TASK BRIEF:
Write out each line of the records that has "respond" in it.
————
-- ===== src/Exchange.antt =====
-- One attempt of RaftClient::runCommand (src/client/raft_client.cpp) over a connection, and the
-- session of a gateway (src/gateway/session.cpp) as the other end of it. The response that a request
-- has to wait for, until its entry is applied, is an argument; the waits are left out.
pub mod Redirect
use raft_distributed_consens.Client.{Attempt, failed, answered}
use raft_distributed_consens.Gateway.{
  ClientProto, Session, reading, waiting, closed, respond, read_loop,
}
use raft_distributed_consens.Network.{frame, read_exactly}
use raft_distributed_consens.Node.{Node}
use raft_distributed_consens.Messages.{ClientRequest, ClientResponse}
use raft_distributed_consens.External.{External}
use raft_distributed_consens.Prelude.{
  ℕ, suc, ◌+◌, ◌*◌, ◌^◌, List, [], ◌∷◌, Option, none, some, Bytes, length,
}

abbrev pub parse_reply : ClientProto → Option (Bytes × Bytes) → Attempt
parse_reply proto none = failed
parse_reply proto (some (reply_buf, rest)) = answered (proto.parse_response reply_buf)

-- The reply, which may have any length; an end of the stream is an exception.
unfoldable pub read_reply : ClientProto → Bytes → Attempt
read_reply proto (b3 ∷ b2 ∷ b1 ∷ b0 ∷ s) =
    let reply_len = b3 * 2 ^ 24 + b2 * 2 ^ 16 + b1 * 2 ^ 8 + b0 in
    parse_reply proto (read_exactly reply_len s)
read_reply proto _ = failed

-- What a connection gives back for what is written to it; `none` is an exception.
unfoldable pub attempt : ClientProto → ClientRequest → (Bytes → Option Bytes) → Attempt
attempt proto req connection = elim (connection (frame (proto.serialize_request req))) [
  | none ↦ failed
  | some reply ↦ read_reply proto reply
]

-- The session after its callback, if it waits for it.
abbrev pub called_back : ClientProto → Option ClientResponse → Session → Session
called_back proto later session = elim session.status [
  | waiting ↦ elim later [ none ↦ session | some resp ↦ respond proto session resp ]
  | reading ↦ session
  | closed ↦ session
]

-- What comes back to a client that has sent one request: the one write that was started. Without a
-- write there is a timeout. More than one would take more than one request.
abbrev pub received : Session → Option Bytes
received session = elim session.started [
  | [] ↦ none
  | written ∷ more ↦ elim more [ [] ↦ some written | _ ∷ _ ↦ none ]
]

module _ {Db : Type 0} ⦃env : External Db⦄ where
  -- The session at the other end of a connection, after what is written to it. Where the request
  -- waits for its callback, the callback is called with `later`; `none` is a callback that does not
  -- come within the client's timeout.
  unfoldable pub gateway : ClientProto → ℕ → Node Db → Option ClientResponse → Bytes → Option Bytes
  gateway proto callback n later input =
      let start : Session = record { input = input; started = []; status = reading } in
      received (called_back proto later (read_loop (suc (length input)) proto callback n start).1)
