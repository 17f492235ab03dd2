-- ===== src/Network/Framing.antt =====
-- A message that is sent is the message that is read, up to the limit on its size.
use raft_distributed_consens.Network.{read_exactly, read_message, frame, header, max_body}
use raft_distributed_consens.Prelude.{
  ℕ, ◌+◌, ◌*◌, ◌/◌, ◌%◌, ◌^◌, [], ◌∷◌, ◌++◌, none, some, Bytes, ltb, length, if◌then◌else◌, ◌<◌,
  ◌≤◌, ◌≡◌, refl, arith, ◌∙◌,
}

pub read_exactly-append : (b s : Bytes) → read_exactly (length b) (b ++ s) ≡ some (b, s)
unfolding read_exactly
read_exactly-append [] s = refl
read_exactly-append (c ∷ b) s = rw (read_exactly-append b s) refl

-- The four bytes give back the size.
pub header_value :
    (n : ℕ)
    → n < 2 ^ 32
    → n % 2 ^ 32 / 2 ^ 24 * 2 ^ 24
        + n % 2 ^ 32 / 2 ^ 16 % 256 * 2 ^ 16
        + n % 2 ^ 32 / 2 ^ 8 % 256 * 2 ^ 8
        + n % 2 ^ 32 % 256
      ≡ n
header_value n h = omega arith

read_message-frame_eq :
    (payload s : Bytes)
    → length payload < 2 ^ 32
    → read_message (frame payload ++ s)
      ≡ (if ltb max_body (length payload) then none else some (payload, s))
unfolding read_message frame header
read_message-frame_eq payload s h =
    rw (header_value (length payload) h, read_exactly-append payload s) refl

-- A message of at most 10 MB is read as it was sent, and the stream goes on behind it.
pub read_message-frame :
    (payload s : Bytes)
    → length payload ≤ max_body
    → read_message (frame payload ++ s) ≡ some (payload, s)
read_message-frame payload s h = read_message-frame_eq payload s (omega arith) ∙ ground arith

-- A message above 10 MB, which `send` does not refuse, closes the receiver's connection.
pub too_large_closes :
    (payload s : Bytes)
    → max_body < length payload
    → length payload < 2 ^ 32
    → read_message (frame payload ++ s) ≡ none
too_large_closes payload s h k = read_message-frame_eq payload s k ∙ ground arith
————
RESPONSE AREA:
  ClientProto, Session, reading, waiting, closed, respond, read_loop,
  | waiting ↦ elim later [ none ↦ session | some resp ↦ respond proto session resp ]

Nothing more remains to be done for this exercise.